# 5 Days 5 Front Range rides



## tellog (Jun 23, 2008)

With the DNC happening right across the street from my office and no where to park and other security issues, everyone gets to work from home for that week. So knowing that I won't be that productive, i've decided to take some PTO and work a series of 1/2 days. My goal is to ride 5 mornings in a row next week - well 5 that are significantly longer than my commute. 

I average 175 miles a week so trying to get in 250 shouldn't be impossible for me.

So I'm looking for some ride ideas. 
I live in Central Denver and really would like to avoid driving to a place to ride but will do it if its within 20-30 mins.

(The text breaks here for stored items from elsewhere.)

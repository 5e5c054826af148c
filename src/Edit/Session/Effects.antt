-- ===== src/Edit/Session/Effects.antt =====
-- What an edit may do to the session: the loop guard stays clear, and the open files change only
-- when the edit succeeds.
use frances.Prelude.{
  ℕ, ◌≡◌, refl, subst, ◌∙◌, List, [], Option, none, some, Bool, true, false, Result, ok, err, panic,
}
use frances.Prelude.Action.{Action, after, ◌>>=◌, ◌>>◌, return, lift}
use frances.Text.{Text}
use frances.Edit.Anchor.{Anchor}
use frances.Edit.Ops
use frances.Edit.Ops.{EditOp}
use frances.Edit.State.{FilePath}
use frances.Edit.Reconcile.{EditHints, ReconcileOutcome}
use frances.Edit.LoopGuard.{clear}
use frances.Edit.Store.{StoreError}
use frances.Edit.Engine.{WorkingFile}
use frances.Edit.Render.{DiffRender}
use frances.Edit.Session.Types.{
  EditError, IoError, LlmEdit, replace_lines, replace_all, insert_after, insert_before, new_file,
  overwrite, Written, Surroundings, World,
}
use frances.Edit.Session.Working.{on_store, on_disk, keep_open, cached_working, split_text_to_lines}
use frances.Edit.Session.Anchored.{
  PinPosition, finish_edit, load_used, apply_line_edit, apply_draft_edit, guard_pasteback,
  apply_replace, apply_pin_insert, write_replaced, apply_replace_all,
}
use frances.Edit.Session.WholeFile.{apply_new, apply_overwrite}
use frances.Edit.Session.Dispatch.{dispatch, edit}

module _ {S W : Type 0} where
  -- The session after a call, from the one before: nothing changed.
  abbrev IsKept : World S W → World S W → Type 0
  IsKept w t = (t.loop_set ≡ w.loop_set) × (t.open_files ≡ w.open_files)

  record IsQuiet {A : Type 0} (m : Action EditError (World S W) A) : Type 0 where
    pub quiet : (w : World S W) → IsKept w (m w).1

  -- The loop guard unchanged, and the open files when there is an error.
  abbrev IsSafeRun : {A : Type 0} → World S W → Result EditError A × World S W → Type 0
  IsSafeRun w (ok a, t) = (t.loop_set ≡ w.loop_set)
  IsSafeRun w (err e, t) = IsKept w t
  IsSafeRun w (panic, t) = (t.loop_set ≡ w.loop_set)

  record IsSafe {A : Type 0} (m : Action EditError (World S W) A) : Type 0 where
    pub safe : (w : World S W) → IsSafeRun w (m w)

  safe_after :
      {B : Type 0} (w s : World S W) (r : Result EditError B × World S W)
      → IsKept w s
      → IsSafeRun s r
      → IsSafeRun w r
  safe_after w s (ok a, t) k h = h ∙ k.0
  safe_after w s (err e, t) k h = (h.0 ∙ k.0, h.1 ∙ k.1)
  safe_after w s (panic, t) k h = h ∙ k.0

  after-IsSafe :
      {A B : Type 0} (w : World S W) (r : Result EditError A × World S W)
      (f : A → Action EditError (World S W) B)
      → IsKept w r.1
      → ((a : A) → IsSafe (f a))
      → IsSafeRun w (after r f)
  after-IsSafe w (ok a, s) f k h = safe_after w s (f a s) k ((h a).safe s)
  after-IsSafe w (err e, s) f k h = k
  after-IsSafe w (panic, s) f k h = k.0

  >>=-IsSafe :
      {A B : Type 0} (m : Action EditError (World S W) A) (f : A → Action EditError (World S W) B)
      → IsQuiet m
      → ((a : A) → IsSafe (f a))
      → IsSafe (m >>= f)
  unfolding ◌>>=◌
  >>=-IsSafe m f q h = record { safe = λ w. after-IsSafe w (m w) f (q.quiet w) h }

  after-IsQuiet :
      {A B : Type 0} (w : World S W) (r : Result EditError A × World S W)
      (f : A → Action EditError (World S W) B)
      → IsKept w r.1
      → ((a : A) → IsQuiet (f a))
      → IsKept w (after r f).1
  after-IsQuiet w (ok a, s) f k h = (((h a).quiet s).0 ∙ k.0, ((h a).quiet s).1 ∙ k.1)
  after-IsQuiet w (err e, s) f k h = k
  after-IsQuiet w (panic, s) f k h = k

  >>=-IsQuiet :
      {A B : Type 0} (m : Action EditError (World S W) A) (f : A → Action EditError (World S W) B)
      → IsQuiet m
      → ((a : A) → IsQuiet (f a))
      → IsQuiet (m >>= f)
  unfolding ◌>>=◌
  >>=-IsQuiet m f q h = record { quiet = λ w. after-IsQuiet w (m w) f (q.quiet w) h }

  >>-IsSafe :
      {A B : Type 0} (m : Action EditError (World S W) A) (k : Action EditError (World S W) B)
      → IsQuiet m
      → IsSafe k
      → IsSafe (m >> k)
  unfolding ◌>>◌
  >>-IsSafe m k q h = >>=-IsSafe m (λ _. k) q λ _. h

  lift-IsQuiet : {A : Type 0} (r : Result EditError A) → IsQuiet (lift r)
  lift-IsQuiet r = record { quiet = λ w. (refl, refl) }

  on_store-IsQuiet : {A : Type 0} (m : Action StoreError S A) → IsQuiet (on_store m)
  on_store-IsQuiet m = record { quiet = λ w. (refl, refl) }

  on_disk-IsQuiet :
      {A : Type 0} (f : IoError → EditError) (m : Action IoError W A) → IsQuiet (on_disk f m)
  on_disk-IsQuiet f m = record { quiet = λ w. (refl, refl) }

  cached_working-IsQuiet : (path : FilePath) (e : EditError) → IsQuiet (cached_working path e)
  unfolding cached_working
  cached_working-IsQuiet path e = record { quiet = λ w. (refl, refl) }

  -- The file is kept open as the last step, which does not fail.
  keep_open-IsSafe :
      {A : Type 0} (path : FilePath) (f : WorkingFile) (a : A)
      → IsSafe (keep_open path f >> return a)
  unfolding ◌>>◌ ◌>>=◌
  keep_open-IsSafe path f a = record { safe = λ w. refl }

  module _ (env : Surroundings S W) where
    finish_edit-IsSafe :
        (path : FilePath) (working : WorkingFile) (o : ReconcileOutcome) (gone : List Anchor)
        (post : Written)
        → IsSafe (finish_edit env path working o gone post)
    unfolding finish_edit
    finish_edit-IsSafe path working o gone post =
        >>-IsSafe _ _ (on_store-IsQuiet _)
          (>>=-IsSafe _ _ (lift-IsQuiet _) λ block. keep_open-IsSafe path _ block)

    load_used-IsQuiet : (path : FilePath) → IsQuiet (load_used env path)
    load_used-IsQuiet path = >>=-IsQuiet _ _ (on_store-IsQuiet _) λ used. lift-IsQuiet (ok _)

    apply_draft_edit-IsSafe :
        (path : FilePath) (working : WorkingFile) (lines : List Text) (hints : Option EditHints)
        → IsSafe (apply_draft_edit env path working lines hints)
    unfolding apply_draft_edit
    apply_draft_edit-IsSafe path working lines hints = >>=-IsSafe _ _ (on_disk-IsQuiet _ _) λ post.
        >>=-IsSafe _ _ (load_used-IsQuiet path)
          λ pool. >>=-IsSafe _ _ (lift-IsQuiet _) λ (o, _). finish_edit-IsSafe path working o _ post

    apply_line_edit-IsSafe :
        (path : FilePath) (working : WorkingFile) (op : EditOp) (deleted : List Anchor)
        → IsSafe (apply_line_edit env path working op deleted)
    unfolding apply_line_edit
    apply_line_edit-IsSafe path working op deleted = >>=-IsSafe _ _ (lift-IsQuiet _) λ drafted.
        >>=-IsSafe _ _ (on_disk-IsQuiet _ _) λ post. >>=-IsSafe _ _ (load_used-IsQuiet path) λ pool.
          >>=-IsSafe _ _ (lift-IsQuiet _) λ entries.
            >>=-IsSafe _ _ (lift-IsQuiet _) λ (o, _). finish_edit-IsSafe path working o _ post

    guard_pasteback-IsQuiet :
        (bypass : Bool) (text : Text) → IsQuiet (guard_pasteback env bypass text)
    unfolding guard_pasteback
    guard_pasteback-IsQuiet true text = lift-IsQuiet (ok tt)
    guard_pasteback-IsQuiet false text = >>=-IsQuiet _ _ (lift-IsQuiet _) λ found. lift-IsQuiet _

    apply_replace-IsSafe :
        (path : FilePath) (anchor end_anchor text : Text) (bypass : Bool)
        → IsSafe (apply_replace env path anchor end_anchor text bypass)
    unfolding apply_replace
    apply_replace-IsSafe path anchor end_anchor text bypass =
        >>-IsSafe _ _ (guard_pasteback-IsQuiet bypass text) (
          >>=-IsSafe _ _ (cached_working-IsQuiet path _) λ working.
            >>=-IsSafe _ _ (lift-IsQuiet _) λ from. >>=-IsSafe _ _ (lift-IsQuiet _) λ to.
              >>-IsSafe _ _ (lift-IsQuiet _) (
                >>=-IsSafe _ _ (lift-IsQuiet _) λ gone.
                  apply_line_edit-IsSafe path working
                    (Ops.replace from.0 to.0 (split_text_to_lines text)) _))

    apply_pin_insert-IsSafe :
        (path : FilePath) (anchor text : Text) (position : PinPosition) (bypass : Bool)
        → IsSafe (apply_pin_insert env path anchor text position bypass)
    unfolding apply_pin_insert
    apply_pin_insert-IsSafe path anchor text position bypass =
        >>-IsSafe _ _ (guard_pasteback-IsQuiet bypass text) (
          >>=-IsSafe _ _ (cached_working-IsQuiet path _) λ working.
            >>=-IsSafe _ _ (lift-IsQuiet _) λ pin. apply_line_edit-IsSafe path working _ [])

    write_replaced-IsSafe :
        (path : FilePath) (working : WorkingFile) (replaced : Option Text)
        → IsSafe (write_replaced env path working replaced)
    unfolding write_replaced
    write_replaced-IsSafe path working none = record { safe = λ w. refl }
    write_replaced-IsSafe path working (some text) = apply_draft_edit-IsSafe path working _ none

    apply_replace_all-IsSafe :
        (path : FilePath) (find replacement : Text) (count : Option ℕ)
        → IsSafe (apply_replace_all env path find replacement count)
    unfolding apply_replace_all
    apply_replace_all-IsSafe path find replacement count =
        >>=-IsSafe _ _ (cached_working-IsQuiet path _) λ working.
          >>=-IsSafe _ _ (lift-IsQuiet _)
            λ re. >>-IsSafe _ _ (lift-IsQuiet _) (write_replaced-IsSafe path working _)

    apply_new-IsSafe : (path : FilePath) (text : Text) → IsSafe (apply_new env path text)
    unfolding apply_new
    apply_new-IsSafe path text = >>=-IsSafe _ _ (on_disk-IsQuiet _ _) λ post.
        >>=-IsSafe _ _ (on_store-IsQuiet _)
          λ working. >>=-IsSafe _ _ (lift-IsQuiet _) λ block. keep_open-IsSafe path _ block

    apply_overwrite-IsSafe :
        (path : FilePath) (text : Text) (bypass : Bool)
        → IsSafe (apply_overwrite env path text bypass)
    unfolding apply_overwrite
    apply_overwrite-IsSafe path text bypass = >>-IsSafe _ _ (guard_pasteback-IsQuiet bypass text) (
        >>=-IsSafe _ _ (cached_working-IsQuiet path _)
          λ working. apply_draft_edit-IsSafe path working _ _)

    dispatch-IsSafe : (e : LlmEdit) → IsSafe (dispatch env e)
    unfolding dispatch
    dispatch-IsSafe (new_file path text) = apply_new-IsSafe path text
    dispatch-IsSafe (overwrite path text bypass) = apply_overwrite-IsSafe path text bypass
    dispatch-IsSafe (replace_lines path anchor end_anchor text bypass) =
        apply_replace-IsSafe path anchor end_anchor text bypass
    dispatch-IsSafe (replace_all path find replacement count) =
        apply_replace_all-IsSafe path find replacement count
    dispatch-IsSafe (insert_after path anchor text bypass) =
        apply_pin_insert-IsSafe path anchor text _ bypass
    dispatch-IsSafe (insert_before path anchor text bypass) =
        apply_pin_insert-IsSafe path anchor text _ bypass

    loop_set_of :
        (w : World S W) (r : Result EditError DiffRender × World S W)
        → IsSafeRun w r
        → r.1.loop_set ≡ w.loop_set
    loop_set_of w (ok a, t) h = h
    loop_set_of w (err e, t) h = h.0
    loop_set_of w (panic, t) h = h

    -- After an edit the loop guard is empty, whether the edit has succeeded or not.
    pub edit-clears : (e : LlmEdit) (w : World S W) → (edit env e w).1.loop_set ≡ []
    unfolding edit clear
    edit-clears e w = loop_set_of (record w { loop_set = [] }) _ ((dispatch-IsSafe e).safe _)

    -- An edit that fails leaves the open files as they were.
    pub edit-err :
        (e : LlmEdit) (w t : World S W) (error : EditError)
        → edit env e w ≡ (err error, t)
        → t.open_files ≡ w.open_files
    unfolding edit
    edit-err e w t error h =
        (subst (λ r. IsSafeRun (record w { loop_set = clear w.loop_set }) r) h
          ((dispatch-IsSafe e).safe (record w { loop_set = clear w.loop_set }))).1
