-- ===== src/Edit/Session/Resolve.antt =====
-- What `resolve_anchor` makes of a line as `render_file` shows it.
use frances.Prelude.{
  ℕ, zero, suc, ◌<◌, ◌≤◌, ◌%◌, ◌^◌, ◌≡◌, ◌≢◌, refl, sym, ◌∙◌, List, [], ◌∷◌, ◌++◌, none, some,
  eq_list, eq_list_refl, get_elem?, All, arith, ok, >>=-eq-ok, expect, expect-eq-ok, ok_injective,
  subst, Bool-cases, inl, inr, true,
}
use frances.Text.{Text, split_once, join, trim}
use frances.Text.Split.{IsFree, split_once-append}
use frances.Anchors.Words.{word}
use frances.Anchors.Words.Lookup.{IsDictionary}
use frances.Edit.Anchor.{Anchor, hyphen, words_of, to_string}
use frances.Edit.Anchor.Rank.{IsAnchor}
use frances.Edit.Anchor.Bytes.{IsPlain, from_str-to_string}
use frances.Edit.Pool.Members.{count, IsDistinct}
use frances.Edit.State.{FilePath, LineEntry, FileAnchorState, anchors, position, find_anchor}
use frances.Edit.Render.{anchor_sep}
use frances.Edit.Session.Working.{newline, resolve_anchor}

some_injective : {A : Type 0} {x y : A} → some x ≡ some y → x ≡ y
some_injective h = cc

-- An anchor stands where its first occurrence is, and a distinct one nowhere else.
count_at :
    (les : List LineEntry) (i : ℕ) (le : LineEntry)
    → get_elem? les i ≡ some le
    → 1 ≤ count le.anchor (anchors les)
count_at [] i le h = cc
count_at (e ∷ les) zero le h = rw (some_injective h, eq_list_refl le.anchor) (omega arith)
count_at (e ∷ les) (suc i) le h = ground (arith, count_at les i le h)

position-distinct :
    (les : List LineEntry) (i : ℕ) (le : LineEntry)
    → IsDistinct (anchors les)
    → get_elem? les i ≡ some le
    → position les le.anchor ≡ some i
unfolding position
position-distinct [] i le d h = cc
position-distinct (e ∷ les) zero le d h = rw (some_injective h, eq_list_refl le.anchor) refl
position-distinct (e ∷ les) (suc i) le d h = elim (Bool-cases (eq_list e.anchor le.anchor)) [
  | inl t ↦ absurd (twice t (count_at les i le h) (d le.anchor))
  | inr f ↦ rw (f, position-distinct les i le rest h) refl
]
  where
    twice :
        eq_list e.anchor le.anchor ≡ true
        → 1 ≤ count le.anchor (anchors les)
        → count le.anchor (anchors (e ∷ les)) ≤ 1
        → ⊥
    twice t p q = ground arith

    rest : IsDistinct (anchors les)
    rest a = ground (arith, d a)

split_once-free : (sep : ℕ) (s : Text) → IsFree sep s → split_once sep s ≡ none
unfolding split_once
split_once-free sep [] h = refl
split_once-free sep (c ∷ cs) h = ground (arith, split_once-free sep cs h.1)

IsFree-append : (sep : ℕ) (s t : Text) → IsFree sep s → IsFree sep t → IsFree sep (s ++ t)
IsFree-append sep [] t h k = k
IsFree-append sep (c ∷ cs) t h k = (h.0, IsFree-append sep cs t h.1 k)

IsFree-join :
    (sep : ℕ) (ws : List Text)
    → hyphen ≢ sep
    → All (IsFree sep) ws
    → IsFree sep (join (hyphen ∷ []) ws)
unfolding join
IsFree-join sep [] n h = tt
IsFree-join sep (w ∷ []) n h = h.0
IsFree-join sep (w ∷ v ∷ ws) n h = IsFree-append sep w _ h.0 (n, IsFree-join sep (v ∷ ws) n h.1)

mod_small : (n : ℕ) → n < 2 ^ 32 → n % 2 ^ 32 ≡ n
mod_small n h = omega arith

-- No word of the dictionary holds the character.
abbrev pub IsWithout : ℕ → List Text → Type 0
IsWithout sep dict = (i : ℕ) (w : Text) → word dict i ≡ some w → IsFree sep w

words_of-IsFree :
    (sep : ℕ) (dict : List Text) (a : Anchor) (ws : List Text)
    → IsWithout sep dict
    → words_of dict a ≡ ok ws
    → All (IsFree sep) ws
unfolding words_of
words_of-IsFree sep dict [] ws f h = subst (All (IsFree sep)) (ok_injective h) tt
words_of-IsFree sep dict (i ∷ is) ws f h =
    let (w, e, h₁) = >>=-eq-ok (expect (word dict i)) _ h in
    let (rest, g, h₂) = >>=-eq-ok (words_of dict is) _ h₁ in
    subst (All (IsFree sep)) (ok_injective h₂)
      (f i w (expect-eq-ok (word dict i) w e), words_of-IsFree sep dict is rest f g)

to_string-IsFree :
    (sep : ℕ) (dict : List Text) (a : Anchor) (name : Text)
    → hyphen ≢ sep
    → IsWithout sep dict
    → to_string dict a ≡ ok name
    → IsFree sep name
unfolding to_string
to_string-IsFree sep dict a name n f h =
    let (ws, e, h₁) = >>=-eq-ok (words_of dict a) _ h in
    subst (IsFree sep) (ok_injective h₁) (IsFree-join sep ws n (words_of-IsFree sep dict a ws f e))

module _ (dict : List Text) (d : IsDictionary dict) (plain : IsPlain dict)
    (no_newline : IsWithout newline dict) (no_sep : IsWithout anchor_sep dict) where
  -- Over a dictionary of distinct words that hold no hyphen, newline or separator and are not empty: a
  -- line below index 2^32 of a file with distinct anchors, shown as its valid anchor, the separator
  -- and its content without newlines, is resolved to that anchor and its index.
  pub resolve_anchor-rendered :
      (state : FileAnchorState) (lines : List Text) (path : FilePath) (i : ℕ) (le : LineEntry)
      (line name : Text)
      → IsDistinct (anchors state.lines)
      → i < 2 ^ 32
      → get_elem? state.lines i ≡ some le
      → get_elem? lines i ≡ some line
      → IsAnchor le.anchor
      → IsFree newline line
      → to_string dict le.anchor ≡ ok name
      → resolve_anchor dict (name ++ anchor_sep ∷ line) state lines path ≡ ok (le.anchor, i)
  unfolding resolve_anchor find_anchor
  resolve_anchor-rendered state lines path i le line name distinct small at_i line_i valid one_line
        shown =
      let (name', e, parsed) = from_str-to_string dict d plain le.anchor valid in
      let same : name' ≡ name = ok_injective (sym e ∙ shown) in
      let whole : IsFree newline (name ++ anchor_sep ∷ line) =
        IsFree-append newline name (anchor_sep ∷ line)
          (to_string-IsFree newline dict le.anchor name (omega arith) no_newline shown)
          (omega arith, one_line) in
      rw
        (
          resolve_anchor,
          split_once-free newline (name ++ anchor_sep ∷ line) whole,
          split_once-append anchor_sep name line
              (to_string-IsFree anchor_sep dict le.anchor name (omega arith) no_sep shown),
          ← same,
          parsed,
          position-distinct state.lines i le distinct at_i,
          mod_small i small,
          line_i,
          eq_list_refl (trim line),
        )
        refl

Right now I have two of my regular rides - 
1) City Park to the top of Lookout and back - 52 mi round trip 
2) City Park to CC res to Havana to c470 trail to Morrison/Golden to 32nd and back into town. - 76ish mi 
3)?
4)?
5)?

any recommendations would be awesome.


----------



## Sherpa23 (Nov 5, 2001)

It's a long ride but this is kind of the last time of the year that you can do it reliably: You can do City Park to Squaw Pass and back. That's about 125 miles or so depending on which way you do it. I would recommend going up Lookout and getting to Squaw that way but on the way down, head south on Evergreen parkway and come down into Morrison. Then you can take the bike path to the Platte and the Platte path back to downtown.


----------



## tellog (Jun 23, 2008)

Thats actually a great idea.:thumbsup: May just add that to my Lookout ride and follow it with a lighter ride the next day or 2.


----------



## shongalola (Nov 2, 2005)

Head to Golden, up Golden Gate. Take a right into Golden Gate Park and follow the road down the gulch till it turns to dirt. Steep dirt road for a mile or two will take you to the top of White ranch which you can then follow back down to Golden Gate.


----------



## tellog (Jun 23, 2008)

I've only done golden gate/white ranch area on a mtn bike and that was years ago. is it doable on a road bike?


----------



## shongalola (Nov 2, 2005)

yup. I'd leave the 23/11 at home though.


----------



## Woolbury (Oct 12, 2005)

If one of the days is going to be in town, I always like the latte loop for an easy 65-70mi, just a variation of your rt 2. Cherry Cr trail to Cher Cr res. Around res, out Jordan to C470 trail to Chatfield, S Platte trail to Confluence and your latte at REI, back to City Park area on Cher Cr trail.

Also I'd do one of the great loops up Deer Cr, HiGrade/City view is 32 mi rt from Wads/Deer Cr road, plus whatever miles it takes you to get there. I'd probably drive to Bldr one day also, do Lyons/Allenspark/Ward/Lefthand.


----------



## tellog (Jun 23, 2008)

to funny about the latte loop. Fitting name for it. I have a slightly extended version as my second ride. My last time around it, I counted no less then 5 coffee stops within 25 yrds of that loop. 
I think I'll take your suggestion on the "Deer Cr, HiGrade/City view is 32 mi rt from Wads/Deer Cr road" I've wanted to do that for a while.
thanks


----------



## spinmash (Jul 15, 2008)

Highly recommend Deer Ck/Higrade/City View - there are multiple combinations you can do (like linking up City View to Mt. Falcon, over the Kittredge, then down to Morrison). Excellent riding. You could head up Flagstaff in Boulder, or Boulder canyon...so many options.


----------



## Bocephus Jones II (Oct 7, 2004)

spinmash said:


> Highly recommend Deer Ck/Higrade/City View - there are multiple combinations you can do (like linking up City View to Mt. Falcon, over the Kittredge, then down to Morrison). Excellent riding. You could head up Flagstaff in Boulder, or Boulder canyon...so many options.


Flagstaff is overrated IMO...way to busy on the weekends in any event. I'd rather do Lefthand, St. Vrain or Sunshine.


----------



## PDex (Mar 23, 2004)

Air Force Academy via Platte River Trail/Santa Fe/Perry Park Rd/County Line/Roller Coaster Rd/North Gate ?


----------



## bubba biker (Mar 1, 2008)

How bout riding to Morrison via the bike paths then up to Kittridge , left up Parmalee Gulch, cross highway 285, go up past Tiny Town then up and back down Deer Creek Canyon, you could take the C-470 Trail back to Platte Canyon.


----------



## Mootsie (Feb 4, 2004)

I did this ride once and really liked it. 
Ride to or from Golden and then up to Idaho Springs. Ride through town on the main drag and out onto I-70 for just a mile or two, take the first exit to St Mary's Alice. Follow the road all the way up to the lake and glacier view. The first part of the ride after you exit is through a nice wooded area and then the road goes up and has a really steep pitch or two (steepest in the area?) before you hit the lake. There is also a screaming downhill run just a bit west of El Rancho as well. Mileage will depend on where you start, but its a day of climbing.


----------



## Pablo (Jul 7, 2004)

Bocephus Jones II said:


> Flagstaff is overrated IMO...way to busy on the weekends in any event. I'd rather do Lefthand, St. Vrain or Sunshine.


You're just saying that because you live there.


----------